The article makes no mention at all of how much VRAM they might have. Other articles state plans for up to 192GB of HMB3e, and a power draw of 1000 watts.
I'm pretty sure the WSE-3 chip from Cerebrus is way more powerful. It has 900,000 cores, and something like 27 petaflops of bandwidth between those cores, and shares all the memory with them, in one chip. They are developing an 8 exaflop cluster right now.

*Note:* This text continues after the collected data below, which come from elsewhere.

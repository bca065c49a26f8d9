-- ===== src/Sessions/Qr.antt =====
-- nexus_server/main.go: sign-in by QR code. A device without a session shows a token, a device with
-- one approves it, and the first one polls for the session. The approval compares the text that the
-- driver stored for a time with SQLite's CURRENT_TIMESTAMP: that comparison is `unexpired`, a
-- parameter, given the time when the code ends and the time now. The poll compares the times in Go.
use phazechat_world.Prelude.{
  ℕ, ◌+◌, ◌*◌, Bool, true, false, not, ◌&&◌, Option, none, some, String, lookup, insert, ltb,
  if◌then◌else◌,
}
use phazechat_world.Sessions.{QrToken, Store, second, issue_session_token}

unfoldable pub create_qr_login : ℕ → Option String → Store → Option (String × Store)
create_qr_login now none s = none
create_qr_login now (some token) s = elim (lookup token s.qr_tokens) [
  | none ↦ some (
    token,
    record s {
      qr_tokens =
          insert token
            (record {
              username = "";
              session_token = "";
              device_info = "";
              approved = false;
              expires_at = now + 300 * second;
            })
            s.qr_tokens;
    },
  )
  | some _ ↦ none
]

module _ (unexpired : ℕ → ℕ → Bool) where
  -- The `WHERE` clause of the approval.
  unfoldable pub is_open : ℕ → QrToken → Bool
  is_open now q = not q.approved && unexpired q.expires_at now

  -- The update, by what the table holds under the token; the flag is `RowsAffected() != 0`.
  unfoldable pub approve_row :
      ℕ → String → String → String → String → Option QrToken → Store → Bool × Store
  unfolding is_open
  approve_row now token username session device none s = (false, s)
  approve_row now token username session device (some q) s =
      if is_open now q
      then (
        true,
        record s {
          qr_tokens =
              insert token
                (record q {
                  username = username;
                  session_token = session;
                  device_info = device;
                  approved = true;
                })
                s.qr_tokens;
        },
      )
      else (false, s)

  -- The session is issued before the code is looked at, and stays if the code is refused.
  unfoldable pub approve_qr_login :
      ℕ → Option String → String → String → String → Store → Bool × Store
  unfolding approve_row
  approve_qr_login now rand token username device s =
      let (session, ok, s') = issue_session_token now rand username device s in
      if not ok
      then (false, s')
      else approve_row now token username session device (lookup token s'.qr_tokens) s'

-- What the poll finds: the account, its session, whether it is approved, and whether the code exists.
pub record QrCheck : Type 0 where
  pub username : String
  pub session : String
  pub approved : Bool
  pub exists : Bool

unfoldable pub check_qr_login : ℕ → String → Store → QrCheck
check_qr_login now token s = elim (lookup token s.qr_tokens) [
  | none ↦ record { username = ""; session = ""; approved = false; exists = false }
  | some q ↦
      if ltb q.expires_at now
      then record { username = ""; session = ""; approved = false; exists = true }
      else record {
        username = q.username;
        session = q.session_token;
        approved = q.approved;
        exists = true;
      }
]
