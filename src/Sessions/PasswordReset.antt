-- ===== src/Sessions/PasswordReset.antt =====
-- nexus_server/main.go: password reset by email. `hash` is bcrypt over SHA-256. No lock is held
-- between the read of the token's row and the transaction that spends it, so that
-- `consumePasswordReset` is two operations, `begin_reset` and `commit_reset`, with whatever other
-- operations between them.
use Prim.Native.String.{len}
use phazechat_world.Prelude.{
  ℕ, ◌+◌, ◌≤◌, ◌≡◌, true, false, ◌||◌, Option, none, some, arith, String, lookup, insert, modify,
  update_all, ltb, ◌==◌, if◌then◌else◌,
}
use phazechat_world.Sessions.{Reset, Store, hour}

pub data ResetError : Type 0 where
  short_password no_reset reset_invalid hash_failed : ResetError

-- `createPasswordReset` once the account is known.
unfoldable pub create_password_reset : ℕ → Option String → String → Store → Option (String × Store)
create_password_reset now none username s = none
create_password_reset now (some token) username s = elim (lookup token s.resets) [
  | none ↦ some (
    token,
    record s {
      resets =
          insert token (record { username = username; expires_at = now + hour; used = false })
            s.resets;
    },
  )
  | some _ ↦ none
]

-- The transaction, which looks at the row no more: the new password, the spent token, and the end of every session.
unfoldable pub commit_reset : String → String → String → Store → Store
commit_reset token username password_hash s = record s {
  passwords = modify (λ _. password_hash) username s.passwords;
  resets = modify (λ r. record r { used = true }) token s.resets;
  sessions =
      update_all (λ r. if r.username == username then record r { revoked = true } else r)
        s.sessions;
}

-- What the first half of `consumePasswordReset` comes to: an error, or the account whose password is
-- to be set and the new hash.
pub data ResetCheck : Type 0 where
  denied : ResetError → ResetCheck
  accepted : String → String → ResetCheck

module _ (hash : String → Option String) where
  unfoldable pub hash_reset : String → String → ResetCheck
  hash_reset username password = elim (hash password) [
    | none ↦ denied hash_failed
    | some h ↦ accepted username h
  ]

  unfoldable pub check_reset : ℕ → String → Option Reset → ResetCheck
  unfolding hash_reset
  check_reset now password none = denied no_reset
  check_reset now password (some r) =
      if r.used || ltb r.expires_at now
      then denied reset_invalid
      else hash_reset r.username password

  -- `consumePasswordReset` up to its transaction: it reads the row, checks it and hashes, and
  -- changes nothing.
  unfoldable pub begin_reset : ℕ → String → String → Store → ResetCheck
  unfolding check_reset
  begin_reset now token password s =
      if ltb (len password) 8
      then denied short_password
      else check_reset now password (lookup token s.resets)

-- What is accepted.
abbrev pub IsAccepted :
    (String → Option String) → ℕ → String → String → String → Option Reset → Type 0
IsAccepted hash now password username h none = ⊥
IsAccepted hash now password username h (some r) =
    (r.username ≡ username)
    × (r.used ≡ false)
    × (now ≤ r.expires_at)
    × (8 ≤ len password)
    × (hash password ≡ some h)

pub begin_reset-IsAccepted :
    (hash : String → Option String) (now : ℕ) (token password username h : String) (s : Store)
    → begin_reset hash now token password s ≡ accepted username h
    → IsAccepted hash now password username h (lookup token s.resets)
unfolding begin_reset check_reset hash_reset
begin_reset-IsAccepted hash now token password username h s e = ground (arith, e)

-- A used token is refused.
abbrev pub IsDenied : ResetCheck → Type 0
IsDenied (denied e) = Unit {0}
IsDenied (accepted username h) = ⊥

pub begin_reset-IsDenied :
    (hash : String → Option String) (now : ℕ) (token password : String) (r : Reset) (s : Store)
    → lookup token s.resets ≡ some r
    → r.used ≡ true
    → IsDenied (begin_reset hash now token password s)
unfolding begin_reset check_reset
begin_reset-IsDenied hash now token password r s found used = ground (arith, found, used)
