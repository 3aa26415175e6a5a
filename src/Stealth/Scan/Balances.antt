-- ===== src/Stealth/Scan/Balances.antt =====
-- `calculateStealthBalances` of sdk/src/stealth/scan.ts adds up the payments of each mint.
use kirite.Prelude.{
  ℕ, ◌+◌, ◌≡◌, ◌↔◌, ap, sym, ◌∙◌, refl, Bool, true, false, List, [], ◌∷◌, Option, none, some,
  Bool-cases, inl, inr, if◌then◌else◌, arith,
}
use kirite.Stealth.Scan.{StealthPayment}

-- The text of a mint's key, where `none` is the text "SOL" of a payment with no mint: the base58 text of a
-- key is as good as the key, and no key has that text.
abbrev pub MintKey : Type 0 → Type 0
MintKey K = Option K

-- A `Map` from the texts to amounts, its entries in the order of insertion, and the equality of texts.
module _ {K : Type 0} (equals : MintKey K → MintKey K → Bool) where
  pub get : List (MintKey K × ℕ) → MintKey K → Option ℕ
  get [] k = none
  get ((j, n) ∷ rest) k = if equals j k then some n else get rest k

  pub set : List (MintKey K × ℕ) → MintKey K → ℕ → List (MintKey K × ℕ)
  set [] k n = (k, n) ∷ []
  set ((j, m) ∷ rest) k n = if equals j k then (j, n) ∷ rest else (j, m) ∷ set rest k n

  -- `balances.get(key) || new BN(0)`
  abbrev pub or_zero : Option ℕ → ℕ
  or_zero none = 0
  or_zero (some n) = n

  pub add_payments : List (MintKey K × ℕ) → List (StealthPayment K) → List (MintKey K × ℕ)
  unfolding get set
  add_payments balances [] = balances
  add_payments balances (p ∷ rest) =
      add_payments (set balances p.mint (or_zero (get balances p.mint) + p.amount)) rest

  pub calculate_stealth_balances : List (StealthPayment K) → List (MintKey K × ℕ)
  unfolding add_payments
  calculate_stealth_balances payments = add_payments [] payments

  -- The amounts of the payments of one mint.
  pub total_of : MintKey K → List (StealthPayment K) → ℕ
  total_of k [] = 0
  total_of k (p ∷ rest) = (if equals p.mint k then p.amount else 0) + total_of k rest

  module _ (equals_iff : (a b : MintKey K) → (equals a b ≡ true) ↔ (a ≡ b)) where
    get-set :
        (m : List (MintKey K × ℕ)) (k j : MintKey K) (n : ℕ)
        → get (set m k n) j ≡ (if equals k j then some n else get m j)
    unfolding get set
    get-set [] k j n = refl
    get-set ((i, v) ∷ rest) k j n = elim (Bool-cases (equals i k)) [
      | inl same ↦
          let eq = (equals_iff i k).0 same in
          rw (same, eq)
            (elim (Bool-cases (equals k j)) [ inl hit ↦ rw hit refl | inr miss ↦ rw miss refl ])
      | inr other ↦ rw other (elim (Bool-cases (equals i j)) [
        | inr miss ↦ rw miss (get-set rest k j n)
        | inl hit ↦
            let apart : equals k j ≡ false = elim (Bool-cases (equals k j)) [
              | inr no_match ↦ no_match
              | inl match ↦
                  let same : equals i k ≡ true =
                    (equals_iff i k).1 ((equals_iff i j).0 hit ∙ sym ((equals_iff k j).0 match)) in
                  cc (same, other)
            ] in
            rw (hit, apart) refl
      ])
    ]

    or_zero-set :
        (m : List (MintKey K × ℕ)) (k j : MintKey K) (n : ℕ)
        → or_zero (get (set m k (or_zero (get m k) + n)) j)
          ≡ or_zero (get m j) + (if equals k j then n else 0)
    or_zero-set m k j n =
        ap or_zero (get-set m k j (or_zero (get m k) + n)) ∙ elim (Bool-cases (equals k j)) [
          | inl match ↦ rw (match, (equals_iff k j).0 match) refl
          | inr miss ↦ rw miss (omega arith)
        ]

    add_payments-total :
        (m : List (MintKey K × ℕ)) (payments : List (StealthPayment K)) (k : MintKey K)
        → or_zero (get (add_payments m payments) k) ≡ or_zero (get m k) + total_of k payments
    unfolding add_payments total_of
    add_payments-total m [] k = omega arith
    add_payments-total m (p ∷ rest) k = omega (
      arith,
      add_payments-total (set m p.mint (or_zero (get m p.mint) + p.amount)) rest k,
      or_zero-set m p.mint k p.amount,
    )

    -- `calculateStealthBalances` gives every mint the sum of the amounts of its payments, which is 0
    -- for a mint that the map does not have.
    pub calculate_stealth_balances-total :
        (payments : List (StealthPayment K)) (k : MintKey K)
        → or_zero (get (calculate_stealth_balances payments) k) ≡ total_of k payments
    unfolding calculate_stealth_balances get
    calculate_stealth_balances-total payments k = omega (arith, add_payments-total [] payments k)
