-- ===== src/Stealth/Scan/Sorted.antt =====
-- Sorting the announcements by slot loses none.
use kirite.Prelude.{All, ◌⊎◌, inl, inr, List, [], ◌∷◌, Bool-cases}
use kirite.Stealth.Parsers.{StealthAnnouncement}
use kirite.Stealth.Scan.{ltb_ℤ, insert_by_slot, sort_by_slot}

-- Some element of the list has the property.
abbrev pub Any : {A : Type 0} → (A → Type 0) → List A → Type 0
Any P [] = ⊥
Any P (x ∷ xs) = P x ⊎ Any P xs

module _ {K : Type 0} (P : StealthAnnouncement K → Type 0) where
  insert_by_slot-Any :
      (a : StealthAnnouncement K) (bs : List (StealthAnnouncement K))
      → P a ⊎ Any P bs
      → Any P (insert_by_slot a bs)
  unfolding insert_by_slot
  insert_by_slot-Any a [] h = h
  insert_by_slot-Any a (b ∷ bs) h = elim (Bool-cases (ltb_ℤ b.slot a.slot)) [
    | inr first ↦ rw first h
    | inl later ↦ rw later (elim h [
      | inl here ↦ inr (insert_by_slot-Any a bs (inl here))
      | inr (inl next) ↦ inl next
      | inr (inr rest) ↦ inr (insert_by_slot-Any a bs (inr rest))
    ])
  ]

  pub sort_by_slot-Any : (as_ : List (StealthAnnouncement K)) → Any P as_ → Any P (sort_by_slot as_)
  unfolding sort_by_slot
  sort_by_slot-Any [] h = elim h [ ]
  sort_by_slot-Any (a ∷ as_) (inl here) = insert_by_slot-Any a (sort_by_slot as_) (inl here)
  sort_by_slot-Any (a ∷ as_) (inr rest) =
      insert_by_slot-Any a (sort_by_slot as_) (inr (sort_by_slot-Any as_ rest))

  -- The other way: what holds of all holds after sorting.
  insert_by_slot-All :
      (a : StealthAnnouncement K) (bs : List (StealthAnnouncement K))
      → P a
      → All P bs
      → All P (insert_by_slot a bs)
  unfolding insert_by_slot
  insert_by_slot-All a [] h all = (h, tt)
  insert_by_slot-All a (b ∷ bs) h (first, rest) = elim (Bool-cases (ltb_ℤ b.slot a.slot)) [
    | inr before ↦ rw before (h, (first, rest))
    | inl later ↦ rw later (first, insert_by_slot-All a bs h rest)
  ]

  pub sort_by_slot-All : (as_ : List (StealthAnnouncement K)) → All P as_ → All P (sort_by_slot as_)
  unfolding sort_by_slot
  sort_by_slot-All [] all = tt
  sort_by_slot-All (a ∷ as_) (first, rest) =
      insert_by_slot-All a (sort_by_slot as_) first (sort_by_slot-All as_ rest)
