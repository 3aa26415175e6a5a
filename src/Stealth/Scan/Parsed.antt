-- ===== src/Stealth/Scan/Parsed.antt =====
-- What parses as an announcement has an ephemeral key of 32 bytes.
use kirite.Prelude.{
  ok-injective, ℕ, ◌+◌, ◌≡◌, inl, inr, ap, ok, length, take, drop, length-take, length-drop,
  Result-cases, arith,
}
use kirite.Bytes.{Bytes}
use kirite.Buffer
use kirite.Buffer.Reads.{Reader-bind-inv, decode_from_8-inv, read_uint_le-inside}
use kirite.Buffer.{read_slice, read_uint_le, uint_le_at, read_key, decode_from_8}
use kirite.Events.{Line}
use kirite.Stealth.Parsers.{StealthAnnouncement, parse_announcement_account, read_announcement}
use kirite.Web3.{Web3}

read_slice-inv :
    (n : ℕ) (buf : Bytes) (o : ℕ) {slice : Bytes} {next : ℕ}
    → read_slice n buf o ≡ ok (slice, next)
    → (take n (drop o buf) ≡ slice) × (o + n ≡ next)
unfolding read_slice
read_slice-inv n buf o h =
    let same = ok-injective _ _ h in
    (ap (λ (t : Bytes × ℕ). t.0) same, ap (λ (t : Bytes × ℕ). t.1) same)

read_key-moves :
    (w : Web3) (buf : Bytes) (o : ℕ) {k : w.PublicKey} {next : ℕ}
    → read_key w buf o ≡ ok (k, next)
    → o + 32 ≡ next
unfolding read_key Buffer.◌>>=◌ read_slice
read_key-moves w buf o h = elim (Result-cases (w.of_bytes (take 32 (drop o buf)))) [
  | inl (key, parsed) ↦
      ap (λ (t : w.PublicKey × ℕ). t.1) (ok-injective _ _ (rw (parsed, read_key) at h))
  | inr (e, fails) ↦ cc (rw (fails, read_key) at h)
]

-- The ephemeral key of what parses has its 32 bytes: the view tag is read behind it.
pub parse_announcement_account-length :
    (w : Web3) (to_base64 : Bytes → Line) (account : Bytes) {a : StealthAnnouncement w.PublicKey}
    → parse_announcement_account w to_base64 account ≡ ok a
    → length a.ephemeral_pubkey ≡ 32
unfolding parse_announcement_account read_announcement Buffer.pure
parse_announcement_account-length w to_base64 account {a} h =
    let (end, whole) = decode_from_8-inv (read_announcement w to_base64) account h in
    let (ephemeral, o1, first, after1) = Reader-bind-inv _ _ account 8 whole in
    let (address, o2, second, after2) = Reader-bind-inv _ _ account o1 after1 in
    let (tag, o3, third, after3) = Reader-bind-inv _ _ account o2 after2 in
    let (slot, o4, fourth, after4) = Reader-bind-inv _ _ account o3 after3 in
    let (timestamp, o5, fifth, after5) = Reader-bind-inv _ _ account o4 after4 in
    let (signature, o6, sixth, after6) = Reader-bind-inv _ _ account o5 after5 in
    let inside = read_uint_le-inside 1 account o2 third in
    let (slice, moved) = read_slice-inv 32 account 8 first in
    let moved' = read_key-moves w account o1 second in
    let sized : length ephemeral ≡ 32 = rw (← slice) (
      omega
        (arith, length-take 32 (drop 8 account), length-drop 8 account, inside, moved, moved')) in
    let same = ok-injective _ _ after6 in
    rw (← ap (λ (t : StealthAnnouncement w.PublicKey × ℕ). length t.0.ephemeral_pubkey) same) sized
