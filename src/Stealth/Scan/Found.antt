-- ===== src/Stealth/Scan/Found.antt =====
-- A scan gives a payment for every announcement of the wallet, and no account of the program makes it
-- throw.
use kirite.Prelude.{
  All, ok-injective, ◌≡◌, inl, inr, refl, ap, ◌∙◌, sym, true, false, ◌||◌, ℤ, List, [], ◌∷◌, Option,
  none, some, ok, ◌>>=◌, length, Bool-cases, Result-cases, codes,
}
use mathlib.Core.Path.{subst}
use kirite.Bytes.{Bytes}
use kirite.Stealth.{Keys, check_view_tag, derive_stealth_spending_key}
use kirite.Stealth.Parsers.{StealthAnnouncement, parse_announcement_account}
use kirite.Stealth.Scan.{
  ScanNetwork, StealthPayment, ScanStealthParams, is_before, is_after, sort_by_slot,
  parse_announcements, fetch_stealth_announcements, confirmed_payment, payment_of, cons_some,
  collect_payments, scan_stealth_payments,
}
use kirite.Stealth.Scan.Sorted.{Any, sort_by_slot-Any, sort_by_slot-All}
use kirite.Stealth.Scan.Parsed.{parse_announcement_account-length}
use kirite.Stealth.Scan.Answered.{
  Answers, check_view_tag-ok, derive_stealth_spending_key-ok, balance-ok,
}

module _ (keys : Keys) where
  open keys use {web3, public_key}
  open web3 use {PublicKey, of_bytes, equals}

  -- The announcement is of an address of the wallet with these secrets.
  pub record IsMine (params : ScanStealthParams) (a : StealthAnnouncement PublicKey) : Type 0 where
    pub stealth_keypair : keys.Keypair
    pub tagged : check_view_tag keys a.ephemeral_pubkey a.view_tag params.viewing_key ≡ ok true
    pub derived :
        derive_stealth_spending_key keys a.ephemeral_pubkey params.viewing_key params.spending_key
        ≡ ok stealth_keypair
    pub is_address : public_key stealth_keypair ≡ a.stealth_address

  -- The payment is the announcement's.
  pub record IsPaymentOf (a : StealthAnnouncement PublicKey) (p : StealthPayment PublicKey)
      : Type 0 where
    pub address : p.address ≡ a.stealth_address
    pub ephemeral_pubkey : p.ephemeral_pubkey ≡ a.ephemeral_pubkey
    pub slot : p.slot ≡ a.slot
    pub tx_signature : p.tx_signature ≡ a.signature

  module _ (net : ScanNetwork PublicKey) where
    -- What a payment is for, where one is due.
    abbrev Carries : StealthAnnouncement PublicKey → Option (StealthPayment PublicKey) → Type 0
    Carries a none = ⊥
    Carries a (some p) = IsPaymentOf a p

    module _ (answers : Answers keys net) (params : ScanStealthParams)
        (view : length params.viewing_key ≡ 32) (spend : length params.spending_key ≡ 32) where
      confirmed_payment-ok :
          (a : StealthAnnouncement PublicKey)
          → length a.ephemeral_pubkey ≡ 32
          → (o : Option (StealthPayment PublicKey)) × (confirmed_payment keys net params a ≡ ok o)
            × (IsMine params a → Carries a o)
      unfolding confirmed_payment
      confirmed_payment-ok a len =
          let (kp, derived) =
            derive_stealth_spending_key-ok keys a.ephemeral_pubkey params.viewing_key
              params.spending_key len view spend in
          let (balance, answered) = balance-ok keys net answers a.stealth_address in
          elim (Bool-cases (equals (public_key kp) a.stealth_address)) [
            | inr other ↦ (
              none,
              rw (derived, ◌>>=◌, other) refl,
              λ mine.
                  let same : mine.stealth_keypair ≡ kp =
                    ok-injective _ _ (sym mine.derived ∙ derived) in
                  cc (
                    other,
                    (web3.equals_iff (public_key kp) a.stealth_address).1
                        (ap public_key (sym same) ∙ mine.is_address),
                  ),
            )
            | inl found ↦ (
              some (record {
                address = a.stealth_address;
                ephemeral_pubkey = a.ephemeral_pubkey;
                amount = balance.0;
                mint = some balance.1;
                timestamp = a.timestamp;
                slot = a.slot;
                tx_signature = a.signature;
              }),
              rw (derived, ◌>>=◌, found, answered) refl,
              λ mine. record {
                address = refl;
                ephemeral_pubkey = refl;
                slot = refl;
                tx_signature = refl;
              },
            )
          ]

      payment_of-ok :
          (a : StealthAnnouncement PublicKey)
          → length a.ephemeral_pubkey ≡ 32
          → (o : Option (StealthPayment PublicKey)) × (payment_of keys net params a ≡ ok o)
            × (IsMine params a → Carries a o)
      unfolding payment_of
      payment_of-ok a len =
          let (tagged, checked) =
            check_view_tag-ok keys a.ephemeral_pubkey a.view_tag params.viewing_key len view in
          let (o, confirmed, carries) = confirmed_payment-ok a len in
          elim (Bool-cases tagged) [
            | inl match ↦ (o, rw (checked, ◌>>=◌, match) confirmed, carries)
            | inr no_match ↦ (
              none,
              rw (checked, ◌>>=◌, no_match) refl,
              λ mine. cc (ok-injective _ _ (sym mine.tagged ∙ checked), no_match),
            )
          ]

      cons_some-Any :
          (a : StealthAnnouncement PublicKey) (o : Option (StealthPayment PublicKey))
          (ps : List (StealthPayment PublicKey))
          → Carries a o
          → Any (IsPaymentOf a) (cons_some keys net o ps)
      cons_some-Any a none ps h = elim h [ ]
      cons_some-Any a (some p) ps h = inl h

      cons_some-later :
          (a : StealthAnnouncement PublicKey) (o : Option (StealthPayment PublicKey))
          (ps : List (StealthPayment PublicKey))
          → Any (IsPaymentOf a) ps
          → Any (IsPaymentOf a) (cons_some keys net o ps)
      cons_some-later a none ps h = h
      cons_some-later a (some p) ps h = inr h

      -- The announcements that have been collected, each with its payment where it is the wallet's.
      collect_payments-ok :
          (as_ : List (StealthAnnouncement PublicKey))
          → All (λ a. length a.ephemeral_pubkey ≡ 32) as_
          → (ps : List (StealthPayment PublicKey)) × (collect_payments keys net params as_ ≡ ok ps)
            × ((a : StealthAnnouncement PublicKey)
                → IsMine params a
                → Any (λ b. b ≡ a) as_
                → Any (IsPaymentOf a) ps)
      unfolding collect_payments
      collect_payments-ok [] all = ([], refl, (λ a mine h. h))
      collect_payments-ok (b ∷ rest) (len, all) =
          let (o, here, carries) = payment_of-ok b len in
          let (ps, later, found) = collect_payments-ok rest all in
          (
            cons_some keys net o ps,
            rw (here, later) refl,
            λ a mine here_or_later. elim here_or_later [
              | inl same ↦
                  subst (λ t. Any (IsPaymentOf t) (cons_some keys net o ps)) same
                    (cons_some-Any b o ps (carries (subst (IsMine params) (sym same) mine)))
              | inr h ↦ cons_some-later a o ps (found a mine h)
            ],
          )

      parse_announcements-All :
          (from_slot to_slot : Option ℤ) (accounts : List (PublicKey × Bytes))
          → All
              (λ a. length a.ephemeral_pubkey ≡ 32)
              (parse_announcements keys net from_slot to_slot accounts)
      unfolding parse_announcements
      parse_announcements-All from_slot to_slot [] = tt
      parse_announcements-All from_slot to_slot ((key, account) ∷ rest) =
          let others = parse_announcements-All from_slot to_slot rest in
          elim (Result-cases (parse_announcement_account web3 net.to_base64 account)) [
            | inr (e, fails) ↦ rw (fails, parse_announcements) others
            | inl (parsed, reads) ↦
                elim (Bool-cases
                  (is_before from_slot parsed.slot || is_after to_slot parsed.slot)) [
                    | inl outside ↦ rw (reads, parse_announcements, outside) others
                    | inr inside ↦
                        rw (reads, parse_announcements, inside)
                          (
                            parse_announcement_account-length web3 net.to_base64 account reads,
                            others,
                          )
                  ]
          ]

      parse_announcements-Any :
          (a : StealthAnnouncement PublicKey) (accounts : List (PublicKey × Bytes))
          → Any (λ entry. parse_announcement_account web3 net.to_base64 entry.1 ≡ ok a) accounts
          → is_before params.from_slot a.slot ≡ false
          → is_after params.to_slot a.slot ≡ false
          → Any (λ b. b ≡ a) (parse_announcements keys net params.from_slot params.to_slot accounts)
      unfolding parse_announcements
      parse_announcements-Any a [] h early late = elim h [ ]
      parse_announcements-Any a ((key, account) ∷ rest) (inl here) early late =
          rw (here, parse_announcements, early, late) (inl refl)
      parse_announcements-Any a ((key, account) ∷ rest) (inr h) early late =
          let others = parse_announcements-Any a rest h early late in
          elim (Result-cases (parse_announcement_account web3 net.to_base64 account)) [
            | inr (e, fails) ↦ rw (fails, parse_announcements) others
            | inl (parsed, reads) ↦
                elim (Bool-cases
                  (is_before params.from_slot parsed.slot || is_after params.to_slot parsed.slot)) [
                    | inl outside ↦ rw (reads, parse_announcements, outside) others
                    | inr inside ↦ rw (reads, parse_announcements, inside) (inr others)
                  ]
          ]

      -- Where the connection answers, with balances below 2 ^ 53 lamports, a scan succeeds whatever the program's accounts hold, and it gives
      -- a payment for each announcement among them that is within the slots asked for and is of an
      -- address of the wallet.
      pub scan_stealth_payments-finds :
          (program_id : PublicKey) (accounts : List (PublicKey × Bytes))
          (a : StealthAnnouncement PublicKey)
          → net.get_program_accounts program_id (0, codes "3Qq") ≡ ok accounts
          → Any (λ entry. parse_announcement_account web3 net.to_base64 entry.1 ≡ ok a) accounts
          → is_before params.from_slot a.slot ≡ false
          → is_after params.to_slot a.slot ≡ false
          → IsMine params a
          → (ps : List (StealthPayment PublicKey)) × (scan_stealth_payments keys net params
                program_id
              ≡ ok ps)
            × Any (IsPaymentOf a) ps
      unfolding scan_stealth_payments fetch_stealth_announcements
      scan_stealth_payments-finds program_id accounts a listed parsed early late mine =
          let announcements =
            parse_announcements keys net params.from_slot params.to_slot accounts in
          let (ps, collected, found) = collect_payments-ok (sort_by_slot announcements) (
            sort_by_slot-All _ announcements
              (parse_announcements-All params.from_slot params.to_slot accounts)) in
          (
            ps,
            rw (listed, collected) refl,
            found a mine (
                sort_by_slot-Any _ announcements
                  (parse_announcements-Any a accounts parsed early late)),
          )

Why cut up a a wafer of chips, package each with HBM, put the package on a board, connect to CPUs with a fabric, then tie them all back together with networking chips and cables? Their 3 new clusters are the top 3 biggest AI training platforms in the world. Comparing the WSE-3 against Nvidia's H100. "It's got 52 times more cores. It's got 800 times more memory on chip. It's got 7,000 times more memory bandwidth and more than 3,700 times more fabric bandwidth. But they don't sell the chips, they build the clusters and sell the compute power. Except for a couple they built in Dubai.
Plus, newer models are moving from Transformer to Mamba and don't need as much memory, because they save the important information, not everything it's been trained on.
For training, you need to follow a gradient, and usually the gradient is small enough that you need the precision. Training in 8-bit is fairly new but Google and now Grok seem to have gotten good results.